Does anybody else feel like this sometimes. Is 'being normal' such a bad thing. Do we have to be exceptional all the time, because lets face it, its pretty tiring trying to be what Ed voice tells us we should be. And then I made a list of some of the things that I like in the world and realised that they were normal things that I don't appreciate because Im so busy listening to my ED voice and trying to be 'normal' according to what that voice tells me.

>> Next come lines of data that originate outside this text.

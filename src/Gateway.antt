-- ===== src/Gateway.antt =====
-- The websocket gateway (internal/msggateway): connections, the user map, logins and kicks.
pub mod Client
pub mod UserMap
pub mod Server
pub mod Args
mod Tests
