-- ===== src/Gateway/Args.antt =====
-- The arguments of a new websocket connection (n_ws_server.go, `ParseWSArgs`).
pub mod Laws
use open_im_server.Base.{
  ℕ, ◌==◌, Bool, true, false, not, ◌||◌, Bytes, bytes_discrete, List, [], ◌∷◌, Option, none, some,
  Map, lookup, dec_true, if◌then◌else◌, Error, err_conn_over_max_num_limit, err_conn_args, Result,
  ok, err, ◌>>=◌, ◌>>◌, require,
}
use open_im_server.Base.Int.{ℤ, leb_ℤ}
use open_im_server.Auth.Token.{Services, ws_verify_token, accept_status}

-- The values of the query, and of the header, that the function reads; a missing one is empty.
pub record WsRequest : Type 0 where
  pub msg_resp : Bytes
  pub token : Bytes
  pub user_id : Bytes
  pub platform_id : Bytes
  pub compression : Bytes
  pub header_compression : Bytes

-- The standard library's strconv.ParseBool (its value, false on an error) and strconv.Atoi, and the
-- constant GzipCompressionProtocol.
pub record Text : Type 0 where
  pub parse_bool : Bytes → Bool
  pub atoi : Bytes → Option ℕ
  pub gzip_compression_protocol : Bytes

pub record WsArgs : Type 0 where
  pub token : Bytes
  pub user_id : Bytes
  pub platform_id : ℕ
  pub compression : Bool
  pub msg_resp : Bool

abbrev pub is_nil {ℓ} : {A : Type ℓ} → List A → Bool
is_nil [] = true
is_nil (x ∷ xs) = false

abbrev pub or_fail {ℓ} : {A : Type ℓ} → Option A → Error → Result A
or_fail none e = err e
or_fail (some a) e = ok a

-- The checks before the platform is read.
unfoldable pub check_args : ℤ → ℤ → WsRequest → Result (Unit {0})
check_args online_user_conn_num ws_max_conn_num r = do
  require (not (leb_ℤ ws_max_conn_num online_user_conn_num)) err_conn_over_max_num_limit
  require (not (is_nil r.token)) err_conn_args
  require (not (is_nil r.user_id)) err_conn_args
  require (not (is_nil r.platform_id)) err_conn_args

-- The token: its claims, and its status in the cache.
unfoldable pub check_token : Services → Bytes → WsRequest → ℕ → Result (Unit {0})
check_token sv secret r platform_id = do
  ws_verify_token sv r.token r.user_id secret platform_id
  m ← sv.get_tokens r.user_id platform_id
  accept_status sv (lookup bytes_discrete r.token m)

abbrev pub args_of : Text → WsRequest → ℕ → WsArgs
args_of text r platform_id = record {
  token = r.token;
  user_id = r.user_id;
  platform_id = platform_id;
  compression =
      dec_true (bytes_discrete r.compression text.gzip_compression_protocol)
      || dec_true (bytes_discrete r.header_compression text.gzip_compression_protocol);
  msg_resp = text.parse_bool r.msg_resp;
}

unfoldable pub parse_ws_args : Services → Text → Bytes → ℤ → ℤ → WsRequest → Result WsArgs
unfolding check_args check_token
parse_ws_args sv text secret online_user_conn_num ws_max_conn_num r = do
  check_args online_user_conn_num ws_max_conn_num r
  platform_id ← or_fail (text.atoi r.platform_id) err_conn_args
  check_token sv secret r platform_id
  ok (args_of text r platform_id)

I hope all this makes some sense and that everybody had a good Paddy's day.
Amanda
xxx










Comments
Re robin
Hi Robin just wanted to say thanks a mil for that post bcoz atm i'm completly ingrainded in numbers sizes everything you said there summed it up and especially then comparing to others and its just such tortoure being locked in your head with only sizes and numbers in your life and depending your worth on it.I've been having a difficult time lately and you have just gave me a bit of hope i think i really needed it bcoz i know i want this no matter how much i fight with myself and others that i dont and i want to give up and just clinging onto the condtion i know i want a free life somewhere in me even when i dont admit it or believe its possible for me - somewhere in me even if it doesnt come out that much or isnt that big wants all this freedom and life and i know i will probably read this post 2mo and cringe at how riduclous i was or how i was bluffing and all other reasons but for now i really thank you!
Focus on HOPE...
Hello my dear...
How wonderful, what a powerful reply, I am impressed.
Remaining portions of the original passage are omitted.